L'invention concerne un circuit intégré à semi-conducteurs comportant un multiplicateur de Galois permettant la multiplication à l'aide d'une pluralité de polynômes primitifs différents. Ce circuit intégré à semi-conducteurs (1) renferme un multiplicateur de Galois (2) utilisé pour la multiplication de Galois des éléments d'un corps de Galois GF (2n). Les coefficients (5, 4) des éléments du corps de Galois GF (2n), lesquels sont le multiplicateur et le multiplicande, et les coefficients (6) des polynômes primitifs sont introduits dans le multiplicateur de Galois. Ces coefficients sont soumis à des opérations arithmétiques pour différent polynômes primitifs, avec le même matériel, en vue d'obtenir les résultats de la multiplication de Galois. Un organe de réglage de coefficients (3) fournit les coefficients des polynômes primitifs du corps de Galois GF (2n). Cette structure permet au multiplicateur de Galois d'effectuer la multiplication sur le corps de Galois correspondant aux polynômes primitifs fournis par l'organe de réglage de coefficients.
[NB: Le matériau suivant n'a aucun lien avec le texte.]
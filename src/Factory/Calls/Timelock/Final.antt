-- ===== src/Factory/Calls/Timelock/Final.antt =====
-- Operations that are executed or cancelled stay so.
use tikka_contracts.Prelude.{
  ℕ, Bool, not, is_some, ◌-◌, ◌<◌, ◌≤◌, ◌^◌, true, false, ◌≡◌, ◌≢◌, refl, sym, ap, ◌⊎◌, inl, inr,
  Option, none, some, arith,
}
use tikka_contracts.Prelude.Outcome.{
  ok, Returns, Returns-bind, Returns-ok, ok_or-eq-ok, reject_if-eq-ok,
}
use tikka_contracts.Factory.State.{Factory, FactoryEnv, PendingOp}
use tikka_contracts.Factory.Config.{execute_config_change, cancel_config_change}
use tikka_contracts.Factory.Calls.{
  empty_factory, FactoryReachable, factory_deployed, factory_called, raffle_called, moved_elsewhere,
  FactoryRun, run_start, run_call, run_raffle_call, run_moved,
}
use tikka_contracts.Factory.Calls.Frame.{Settings, settings_of}
use tikka_contracts.Factory.Calls.Settings.{
  Tends, cancel_config_change-Tends, execute_config_change-Tends,
}
use tikka_contracts.Factory.Calls.Timelock.{factory_perform-Tends}

-- Every stored operation has an id that was handed out.
pub record IsNumbered (s : Settings) : Type 0 where
  pub fits : s.counter < 2 ^ 32
  pub ids : (i : ℕ) (op : PendingOp) → s.ops i ≡ some op → i ≤ s.counter

Tends-IsNumbered : (now : ℕ) (s t : Settings) → Tends now s t → IsNumbered s → IsNumbered t
Tends-IsNumbered now s t h p = record {
  fits = (h.counter_le p.fits).1;
  ids = λ i op e. elim (h.ops i op e) [
    | inl k ↦ omega (arith, (h.counter_le p.fits).0, p.ids i op k)
    | inr k ↦ omega (arith, k.2)
  ];
}

FactoryReachable-IsNumbered : {s : Factory} → FactoryReachable s → IsNumbered (settings_of s)
unfolding empty_factory
FactoryReachable-IsNumbered (factory_deployed balances) = record {
  fits = omega arith;
  ids = λ i op e. cc;
}
FactoryReachable-IsNumbered (factory_called {s} {t} env request h e) =
    Tends-IsNumbered _ (settings_of s) (settings_of t) ((factory_perform-Tends env request s).at e)
      (FactoryReachable-IsNumbered h)
FactoryReachable-IsNumbered (raffle_called env address c after request h e f) =
    FactoryReachable-IsNumbered h
FactoryReachable-IsNumbered (moved_elsewhere balances h) = FactoryReachable-IsNumbered h

record Settles (id : ℕ) (s t : Factory) : Type 0 where
  stored : is_some (s.pending_op id) ≡ true
  none_left : t.pending_op id ≡ none

settled-none :
    (env : FactoryEnv) (id : ℕ) (s : Factory)
    → Returns (Settles id s) (execute_config_change env id s)
unfolding execute_config_change
settled-none env id s = Returns-bind _ _ (λ admin e. Returns-bind _ _ (λ pending e.
    Returns-bind _ _ (λ u k. Returns-bind _ _ (λ t k.
      Returns-ok _
        (record { stored = ap is_some (ok_or-eq-ok _ _ e); none_left = ground arith })))))

cancelled-none :
    (env : FactoryEnv) (id : ℕ) (s : Factory)
    → Returns (Settles id s) (cancel_config_change env id s)
unfolding cancel_config_change
cancelled-none env id s = Returns-bind _ _ (λ admin e. Returns-bind _ _ (λ u e.
    Returns-ok _ (record {
      stored = not_not (is_some (s.pending_op id)) (reject_if-eq-ok _ _ e);
      none_left = ground arith;
    })))
  where
    not_not : (b : Bool) → not b ≡ false → b ≡ true
    not_not true h = refl
    not_not false h = sym h

run-IsNumbered :
    {since : ℕ} {s t : Factory}
    → IsNumbered (settings_of s)
    → FactoryRun since s t
    → IsNumbered (settings_of t)
run-IsNumbered p run_start = p
run-IsNumbered p (run_call {t} {u} env request run later f) =
    Tends-IsNumbered _ (settings_of t) (settings_of u) ((factory_perform-Tends env request t).at f)
      (run-IsNumbered p run)
run-IsNumbered p (run_raffle_call address after run) = run-IsNumbered p run
run-IsNumbered p (run_moved balances run) = run-IsNumbered p run

-- An id that is handed out, and holds no operation.
record IsSpent (id : ℕ) (s : Settings) : Type 0 where
  out : id ≤ s.counter
  empty : s.ops id ≡ none

Tends-IsSpent :
    (now id : ℕ) (s t : Settings)
    → Tends now s t
    → s.counter < 2 ^ 32
    → t.counter < 2 ^ 32 - 1
    → IsSpent id s
    → IsSpent id t
Tends-IsSpent now id s t h fits left p = record {
  out = omega (arith, p.out, (h.counter_le fits).0);
  empty = still (t.ops id) refl;
}
  where
    still : (o : Option PendingOp) → t.ops id ≡ o → o ≡ none
    still none e = refl
    still (some op) e = elim (h.ops id op e) [
      | inl k ↦ cc (k, p.empty)
      | inr k ↦ absurd (omega (arith, k.1, k.2, p.out, fits, left))
    ]

-- While ids are left, a spent id stays spent.
run-IsSpent :
    {since id : ℕ} {s t : Factory}
    → IsNumbered (settings_of s)
    → IsSpent id (settings_of s)
    → FactoryRun since s t
    → t.op_counter < 2 ^ 32 - 1
    → IsSpent id (settings_of t)
run-IsSpent p h run_start left = h
run-IsSpent {id = id} p h (run_call {t} {u} env request run later f) left =
    Tends-IsSpent _ id (settings_of t) (settings_of u) tends before left
      (run-IsSpent p h run (omega (arith, (tends.counter_le before).0)))
  where
    tends : Tends env.host.timestamp (settings_of t) (settings_of u)
    tends = (factory_perform-Tends env request t).at f

    before : t.op_counter < 2 ^ 32
    before = (run-IsNumbered p run).fits
run-IsSpent p h (run_raffle_call address after run) left = run-IsSpent p h run left
run-IsSpent p h (run_moved balances run) left = run-IsSpent p h run left

execute-spent :
    (env : FactoryEnv) (id : ℕ) (s : Factory)
    → s.pending_op id ≡ none
    → Returns (λ t. ⊥) (execute_config_change env id s)
unfolding execute_config_change
execute-spent env id s h =
    Returns-bind _ _ (λ admin e. Returns-bind _ _ (λ pending e. cc (h, ok_or-eq-ok _ _ e)))

stored-le : (id : ℕ) (s : Settings) → IsNumbered s → is_some (s.ops id) ≡ true → id ≤ s.counter
stored-le id s p h = found (s.ops id) refl
  where
    found : (o : Option PendingOp) → s.ops id ≡ o → id ≤ s.counter
    found none e = cc (h, ap is_some e)
    found (some op) e = p.ids id op e

settled :
    (env : FactoryEnv) (id : ℕ) (s : Factory) {t : Factory}
    → IsNumbered (settings_of s)
    → Tends env.host.timestamp (settings_of s) (settings_of t)
    → Settles id s t
    → IsNumbered (settings_of t) × IsSpent id (settings_of t)
settled env id s {t} p tends h = (
  Tends-IsNumbered _ (settings_of s) (settings_of t) tends p,
  record {
    out = omega (arith, stored-le id (settings_of s) p h.stored, (tends.counter_le p.fits).0);
    empty = h.none_left;
  },
)

settled_either :
    (env : FactoryEnv) (id : ℕ) (s t : Factory)
    → IsNumbered (settings_of s)
    → (execute_config_change env id s ≡ ok t) ⊎ (cancel_config_change env id s ≡ ok t)
    → IsNumbered (settings_of t) × IsSpent id (settings_of t)
settled_either env id s t p (inl e) =
    settled env id s p ((execute_config_change-Tends env id s).at e) ((settled-none env id s).at e)
settled_either env id s t p (inr e) =
    settled env id s p ((cancel_config_change-Tends env id s).at e) ((cancelled-none env id s).at e)

-- An operation that has been executed or cancelled is not executed afterwards, whatever is called, as long
-- as the counter of operations stays below its largest value.
pub no_second_execution :
    (env later : FactoryEnv) (id : ℕ) {s t u : Factory} {since : ℕ}
    → FactoryReachable s
    → (execute_config_change env id s ≡ ok t) ⊎ (cancel_config_change env id s ≡ ok t)
    → FactoryRun since t u
    → u.op_counter < 2 ^ 32 - 1
    → (v : Factory) → execute_config_change later id u ≢ ok v
no_second_execution env later id {s} {t} {u} r h run left v e =
    (execute-spent later id u (run-IsSpent after.0 after.1 run left).empty).at e
  where
    after : IsNumbered (settings_of t) × IsSpent id (settings_of t)
    after = settled_either env id s t (FactoryReachable-IsNumbered r) h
Ce circuit intégré à semi-conducteurs peut donc s'utiliser avec une grande souplesse pour le codage ou le décodage des codes de correction d'erreurs des différents corps de Galois qui sont respectivement définis pour les différents polynômes primitifs.
PCT/JP1997/003367 1997-09-24 1997-09-24 Circuit integre a semi-conducteurs et systeme de traitement de donnees WO1999016175A1 (fr)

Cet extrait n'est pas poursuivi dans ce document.